CMPUT 229 Lab 3 High-Dimensional Arrays I Information
Subroutines are pervasive in large computer programs. They enable important features in large software systems: modularization, encapsulation, and reuse. Thus, it is important for a Computing Scientist to understand how subroutine linkage is implemented in assembly programs. Efficient implementation of subroutine linkage is also very important in the design and implementation of an optimizing compiler.
Two Types of Linkage
There are two general methods for passing information to a subroutine. These are referred to as the call-by- value method and the call-by-reference method. In the call-by-value method the caller puts the actual data (number, characters, etc) needed by the subroutine either in a special register, such as register $a0 in the MIPS architecture, or on the stack. When a subroutine linkage uses the call-by-reference method, the caller passes the addresses of the subroutine arguments to the callee. The call-by-value method is simpler, but the call-by-reference method is more powerful and more general.
The MIPS architecture defines a register calling-convention that reserves four 32-bit registers (registers $a0 to $a3 ) to pass parameters to the subroutine. Each of these registers may contain the address of
an object in memory, or it may contain a value of any type that can fit into 32-bits. When the parameters that need to be passed to the callee exceed the capacity of these four registers, they have to be written into the frame of the callee (on the stack) by the caller. Writing on the stack involves memory operations, which are expensive. Therefore, in general, it is more efficient to pass large objects by reference.

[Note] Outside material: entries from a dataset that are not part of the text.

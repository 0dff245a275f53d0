-- ===== src/Drain/Sound.antt =====
-- What holds of a gateway in every state that it reaches.
use php_fpm_ng.Base.{
  ℕ, ◌≡◌, ◌≢◌, refl, sym, Bool, true, false, not, ◌&&◌, ◌||◌, Option, none, some, arith, ◌==◌, ◌∙◌,
  if_holds,
}
use php_fpm_ng.CrashBackoff.Time.{Timeval, earlier}
use php_fpm_ng.Drain.{
  Listener, Gateway, Env, drain_start, drain_soft_start, soften, drain_ticks, sigquit, accept_error,
  resume, listener_set, on_bound, gate, accepting, opened_listener, tls_listener_hook,
}
use php_fpm_ng.Drain.Moves.{
  Step, quits, softens, window_ends, ticks, tls_fails, plain_fails, tls_resumes, plain_resumes,
  gates, opens, Steps, stay, then_steps,
}

-- A listener is closed while it is paused, and a pause has a timer that ends it.
abbrev pub Rests : Listener → Type 0
Rests l =
    ((l.paused && l.enabled) ≡ false)
    × (l.paused ≡ l.pending)
    × ((l.paused && not l.has_entry) ≡ false)

abbrev pub AllRest : Option Listener → Type 0
AllRest none = Unit
AllRest (some l) = Rests l

-- A gateway that stops has no listener left, and ticks or has left its loop; one in its window has
-- the timer that ends it.
pub record IsSound (gw : Gateway) : Type 0 where
  pub tls_rests : AllRest gw.tls_bound
  pub plain_rests : AllRest gw.plain_bound
  pub tls_closed : gw.stopping ≡ true → gw.tls_bound ≡ none
  pub plain_closed : gw.stopping ≡ true → gw.plain_bound ≡ none
  pub runs_out : gw.stopping ≡ true → (gw.drain_tick || not gw.looping) ≡ true
  pub window : (gw.soft_draining && not gw.stopping) ≡ true → gw.soft_timer ≢ none

accept_error-Rests :
    (added : Bool) (now : ℕ) (l : Listener)
    → l.enabled ≡ true
    → Rests l
    → Rests (accept_error added now l)
unfolding accept_error
accept_error-Rests added now l e (a, b, c) = ground arith

resume-Rests : (may : Bool) (l : Listener) → Rests (resume may l)
unfolding resume
resume-Rests may l = (refl, refl, refl)

listener_set-Rests : (on : Bool) (l : Listener) → Rests l → Rests (listener_set on l)
listener_set-Rests on l (a, b, c) = ground arith

on_bound-AllRest :
    (on : Bool) (o : Option Listener) → AllRest o → AllRest (on_bound (listener_set on) o)
on_bound-AllRest on none h = tt
on_bound-AllRest on (some l) h = listener_set-Rests on l h

pub drain_start-IsSound : (env : Env) (gw : Gateway) → IsSound gw → IsSound (drain_start env gw)
unfolding drain_start
drain_start-IsSound env gw h =
    if_holds IsSound gw.stopping _ _ (λ y. h)
      (λ x. record {
        tls_rests = tt;
        plain_rests = tt;
        tls_closed = λ _. refl;
        plain_closed = λ _. refl;
        runs_out = λ _. ground arith;
        window = λ e. absurd (ground arith);
      })

sigquit-IsSound : (env : Env) (gw : Gateway) → IsSound gw → IsSound (sigquit env gw)
unfolding sigquit
sigquit-IsSound env gw h =
    if_holds IsSound (gw.soft_draining && not gw.stopping) _ _ (λ y. h)
      (λ x. drain_start-IsSound env gw h)

soft_timer-IsSound :
    (gw : Gateway) (deadline : Timeval) (o : Option Timeval)
    → IsSound gw
    → gw.stopping ≡ false
    → o ≢ none
    → IsSound (record gw { soft_draining = true; drain_deadline = deadline; soft_timer = o })
soft_timer-IsSound gw deadline o h x n = record {
  tls_rests = h.tls_rests;
  plain_rests = h.plain_rests;
  tls_closed = h.tls_closed;
  plain_closed = h.plain_closed;
  runs_out = h.runs_out;
  window = λ e. n;
}

drain_ticks-IsSound :
    (busy : ℕ) (now : Timeval) (gw : Gateway) → IsSound gw → IsSound (drain_ticks busy now gw)
unfolding drain_ticks
drain_ticks-IsSound busy now gw h =
    let out : IsSound (record gw { looping = false }) = record {
      tls_rests = h.tls_rests;
      plain_rests = h.plain_rests;
      tls_closed = h.tls_closed;
      plain_closed = h.plain_closed;
      runs_out = λ e. ground arith;
      window = h.window;
    } in
    if_holds IsSound (busy == 0) _ _ (λ y. out)
      (λ x. if_holds IsSound (earlier now gw.drain_deadline) _ _ (λ y. h) (λ z. out))

-- The window's timer that fails: the hard drain starts from a state that is not sound by itself.
fallback-IsSound :
    (env hard : Env) (gw : Gateway)
    → gw.stopping ≡ false
    → IsSound (drain_start hard (record (soften env gw) { soft_timer = none }))
unfolding drain_start
fallback-IsSound env hard gw x =
    if_holds IsSound gw.stopping _ _ (λ y. absurd (cc))
      (λ z. record {
        tls_rests = tt;
        plain_rests = tt;
        tls_closed = λ _. refl;
        plain_closed = λ _. refl;
        runs_out = λ _. ground arith;
        window = λ e. absurd (ground arith);
      })

drain_soft_start-IsSound :
    (env hard : Env) (gw : Gateway) → IsSound gw → IsSound (drain_soft_start env hard gw)
unfolding drain_soft_start
drain_soft_start-IsSound env hard gw h =
    if_holds IsSound (gw.stopping || gw.soft_draining) _ _ (λ y. h)
      (λ x.
        let s : gw.stopping ≡ false = ground arith in
        if_holds IsSound (env.made && env.added) _ _ (λ y. soft_timer-IsSound gw _ _ h s (λ e. cc))
          (λ z. fallback-IsSound env hard gw s))

tls-IsSound :
    (gw : Gateway) (o : Option Listener)
    → IsSound gw
    → AllRest o
    → (gw.stopping ≡ true → o ≡ none)
    → IsSound (record gw { tls_bound = o })
tls-IsSound gw o h r n = record {
  tls_rests = r;
  plain_rests = h.plain_rests;
  tls_closed = n;
  plain_closed = h.plain_closed;
  runs_out = h.runs_out;
  window = h.window;
}

plain-IsSound :
    (gw : Gateway) (o : Option Listener)
    → IsSound gw
    → AllRest o
    → (gw.stopping ≡ true → o ≡ none)
    → IsSound (record gw { plain_bound = o })
plain-IsSound gw o h r n = record {
  tls_rests = h.tls_rests;
  plain_rests = r;
  tls_closed = h.tls_closed;
  plain_closed = n;
  runs_out = h.runs_out;
  window = h.window;
}

gate-IsSound : (conns : Option Bool) (gw : Gateway) → IsSound gw → IsSound (gate conns gw)
unfolding gate
gate-IsSound none gw h = h
gate-IsSound (some may) gw h =
    if_holds IsSound gw.stopping _ _ (λ y. h)
      (λ x. record {
        tls_rests = on_bound-AllRest may gw.tls_bound h.tls_rests;
        plain_rests = on_bound-AllRest may gw.plain_bound h.plain_rests;
        tls_closed = λ e. absurd (cc);
        plain_closed = λ e. absurd (cc);
        runs_out = h.runs_out;
        window = h.window;
      })

opens-IsSound :
    (conns : Option Bool) (opened installed : Bool) (gw : Gateway)
    → IsSound gw
    → IsSound (tls_listener_hook conns opened installed gw)
unfolding tls_listener_hook
opens-IsSound conns opened installed gw h =
    if_holds IsSound (gw.stopping || not opened) _ _ (λ y. h)
      (λ x.
        let s : gw.stopping ≡ false = ground arith in
        gate-IsSound conns _ (
          tls-IsSound gw (some (opened_listener installed)) h (refl, refl, refl)
            (λ e. absurd (cc))))

Rests-at : (o : Option Listener) (l : Listener) → o ≡ some l → AllRest o → Rests l
Rests-at none l e h = absurd (cc)
Rests-at (some m) l e h = let q : m ≡ l = cc in rw (← q) h

closed_at :
    (b : Bool) (o : Option Listener) (l : Listener) (c : Option Listener)
    → o ≡ some l
    → (b ≡ true → o ≡ none)
    → b ≡ true
    → c ≡ none
closed_at b o l c e k t = let q = k t in absurd (let r : some l ≡ none = sym e ∙ q in cc)

Step-IsSound : (a b : Gateway) → Step a b → IsSound a → IsSound b
Step-IsSound a b (quits env gw) h = sigquit-IsSound env gw h
Step-IsSound a b (softens env hard gw) h = drain_soft_start-IsSound env hard gw h
Step-IsSound a b (window_ends env wait gw e) h = drain_start-IsSound env gw h
Step-IsSound a b (ticks busy now gw e) h = drain_ticks-IsSound busy now gw h
Step-IsSound a b (tls_fails added now l gw e o) h =
    tls-IsSound gw _ h (accept_error-Rests added now l o (Rests-at gw.tls_bound l e h.tls_rests))
      (closed_at gw.stopping gw.tls_bound l _ e h.tls_closed)
Step-IsSound a b (plain_fails added now l gw e o) h =
    plain-IsSound gw _ h
      (accept_error-Rests added now l o (Rests-at gw.plain_bound l e h.plain_rests))
      (closed_at gw.stopping gw.plain_bound l _ e h.plain_closed)
Step-IsSound a b (tls_resumes conns l gw e p) h =
    tls-IsSound gw _ h (resume-Rests (accepting conns gw) l)
      (closed_at gw.stopping gw.tls_bound l _ e h.tls_closed)
Step-IsSound a b (plain_resumes conns l gw e p) h =
    plain-IsSound gw _ h (resume-Rests (accepting conns gw) l)
      (closed_at gw.stopping gw.plain_bound l _ e h.plain_closed)
Step-IsSound a b (gates conns gw) h = gate-IsSound conns gw h
Step-IsSound a b (opens conns opened installed gw e) h = opens-IsSound conns opened installed gw h

-- Whatever signals, timers, failures and certificates come, in any order, a sound gateway stays one.
pub Steps-IsSound : (a b : Gateway) → Steps a b → IsSound a → IsSound b
Steps-IsSound a b (stay gw) h = h
Steps-IsSound a b (then_steps {a = x} {b = y} {c = z} s t) h =
    Steps-IsSound y z t (Step-IsSound x y s h)
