-- ===== src/Drain/Ends.antt =====
-- The end of a gateway that has started to drain.
use php_fpm_ng.Base.{
  ℕ, ◌+◌, ◌*◌, ◌≤◌, ◌≡◌, refl, Bool, true, false, not, ◌&&◌, ◌||◌, Option, none, some, arith, ◌==◌,
  if_holds,
}
use php_fpm_ng.CrashBackoff.Time.{Timeval, micros, IsNormal, earlier}
use php_fpm_ng.Drain.{
  Gateway, Env, grace_ms, deadline_at, drain_start, drain_soft_start, drain_ticks, sigquit, gate,
  tls_listener_hook,
}
use php_fpm_ng.Drain.Deadline.{deadline_at-micros}
use php_fpm_ng.Drain.Moves.{
  Step, quits, softens, window_ends, ticks, tls_fails, plain_fails, tls_resumes, plain_resumes,
  gates, opens, Steps, stay, then_steps,
}
use php_fpm_ng.Drain.Sound.{IsSound, drain_start-IsSound, Steps-IsSound}

-- The gateway stops, with the deadline `d`.
abbrev Keeps : Timeval → Gateway → Type 0
Keeps d gw = (gw.stopping ≡ true) × (gw.drain_deadline ≡ d)

drain_start-Keeps :
    (d : Timeval) (env : Env) (gw : Gateway) → Keeps d gw → Keeps d (drain_start env gw)
unfolding drain_start
drain_start-Keeps d env gw (s, e) =
    if_holds (Keeps d) gw.stopping _ _ (λ y. (s, e)) (λ x. absurd (cc))

sigquit-Keeps : (d : Timeval) (env : Env) (gw : Gateway) → Keeps d gw → Keeps d (sigquit env gw)
unfolding sigquit
sigquit-Keeps d env gw h =
    if_holds (Keeps d) (gw.soft_draining && not gw.stopping) _ _ (λ y. h)
      (λ x. drain_start-Keeps d env gw h)

drain_soft_start-Keeps :
    (d : Timeval) (env hard : Env) (gw : Gateway)
    → Keeps d gw
    → Keeps d (drain_soft_start env hard gw)
unfolding drain_soft_start
drain_soft_start-Keeps d env hard gw (s, e) =
    if_holds (Keeps d) (gw.stopping || gw.soft_draining) _ _ (λ y. (s, e))
      (λ x. absurd (ground arith))

drain_ticks-Keeps :
    (d : Timeval) (busy : ℕ) (now : Timeval) (gw : Gateway)
    → Keeps d gw
    → Keeps d (drain_ticks busy now gw)
unfolding drain_ticks
drain_ticks-Keeps d busy now gw h =
    if_holds (Keeps d) (busy == 0) _ _ (λ y. h)
      (λ x. if_holds (Keeps d) (earlier now gw.drain_deadline) _ _ (λ y. h) (λ z. h))

gate-Keeps :
    (d : Timeval) (conns : Option Bool) (gw : Gateway) → Keeps d gw → Keeps d (gate conns gw)
unfolding gate
gate-Keeps d none gw h = h
gate-Keeps d (some may) gw h = if_holds (Keeps d) gw.stopping _ _ (λ y. h) (λ x. h)

opens-Keeps :
    (d : Timeval) (conns : Option Bool) (opened installed : Bool) (gw : Gateway)
    → Keeps d gw
    → Keeps d (tls_listener_hook conns opened installed gw)
unfolding tls_listener_hook
opens-Keeps d conns opened installed gw h =
    if_holds (Keeps d) (gw.stopping || not opened) _ _ (λ y. h) (λ x. gate-Keeps d conns _ h)

Step-Keeps : (d : Timeval) (a b : Gateway) → Step a b → Keeps d a → Keeps d b
Step-Keeps d a b (quits env gw) h = sigquit-Keeps d env gw h
Step-Keeps d a b (softens env hard gw) h = drain_soft_start-Keeps d env hard gw h
Step-Keeps d a b (window_ends env wait gw e) h = drain_start-Keeps d env gw h
Step-Keeps d a b (ticks busy now gw e) h = drain_ticks-Keeps d busy now gw h
Step-Keeps d a b (tls_fails added now l gw e o) h = h
Step-Keeps d a b (plain_fails added now l gw e o) h = h
Step-Keeps d a b (tls_resumes conns l gw e p) h = h
Step-Keeps d a b (plain_resumes conns l gw e p) h = h
Step-Keeps d a b (gates conns gw) h = gate-Keeps d conns gw h
Step-Keeps d a b (opens conns opened installed gw e) h = opens-Keeps d conns opened installed gw h

Steps-Keeps : (d : Timeval) (a b : Gateway) → Steps a b → Keeps d a → Keeps d b
Steps-Keeps d a b (stay gw) h = h
Steps-Keeps d a b (then_steps {a = x} {b = y} {c = z} s t) h =
    Steps-Keeps d y z t (Step-Keeps d x y s h)

drain_start-starts :
    (env : Env) (gw : Gateway)
    → gw.stopping ≡ false
    → Keeps (deadline_at env.timeout env.now) (drain_start env gw)
unfolding drain_start
drain_start-starts env gw x =
    if_holds (Keeps (deadline_at env.timeout env.now)) gw.stopping _ _ (λ y. absurd (cc))
      (λ z. (refl, refl))

drain_ticks-leaves :
    (busy : ℕ) (now : Timeval) (gw : Gateway)
    → earlier now gw.drain_deadline ≡ false
    → (drain_ticks busy now gw).looping ≡ false
unfolding drain_ticks
drain_ticks-leaves busy now gw x =
    if_holds (λ (g : Gateway). g.looping ≡ false) (busy == 0) _ _ (λ y. refl)
      (λ z.
        if_holds (λ (g : Gateway). g.looping ≡ false) (earlier now gw.drain_deadline) _ _
          (λ y. absurd (cc)) (λ w. refl))

not_earlier_of_le :
    (a b : Timeval) → IsNormal a → IsNormal b → micros a ≤ micros b → earlier b a ≡ false
unfolding earlier
not_earlier_of_le a b h k l = ground arith

-- Whatever happens after a drain has started, in any order, the gateway has no listener, goes on
-- ticking until it leaves, and the first tick at or after the end of the grace makes it leave.
pub drain_start-ends :
    (env : Env) (gw b : Gateway) (busy : ℕ) (now : Timeval)
    → IsSound gw
    → gw.stopping ≡ false
    → IsNormal env.now
    → IsNormal now
    → micros env.now + grace_ms env.timeout * 1000 ≤ micros now
    → Steps (drain_start env gw) b
    → (b.tls_bound ≡ none)
      × (b.plain_bound ≡ none)
      × ((b.drain_tick || not b.looping) ≡ true)
      × ((drain_ticks busy now b).looping ≡ false)
drain_start-ends env gw b busy now h x n m l steps =
    let sound = Steps-IsSound (drain_start env gw) b steps (drain_start-IsSound env gw h) in
    let d = deadline_at env.timeout env.now in
    let (s, e) = Steps-Keeps d (drain_start env gw) b steps (drain_start-starts env gw x) in
    let (f, k) = deadline_at-micros env.timeout env.now n in
    let past : earlier now b.drain_deadline ≡ false =
      rw e (not_earlier_of_le d now k m (omega (arith, f, l))) in
    (sound.tls_closed s, sound.plain_closed s, sound.runs_out s, drain_ticks-leaves busy now b past)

A given subroutine call may pass some parameters by value and some parameters by reference. Call-by- reference is useful if we want a variable allocated in the main routine to be modified directly by the subroutine. For example, we usually use a subroutine to read values from a file. These values need to be loaded into variables in the main routine. Thus, usually the file-input subroutine is called by reference.
Obligations of the Caller and Callee
Linkage conventions depends on the underlying architecture. There may also be slight differences between different operating systems on the same architecture. In general, though, there are certain registers that a routine can use as temporary or scratch areas and others that, according to the linkage convention, must be preserved across a call.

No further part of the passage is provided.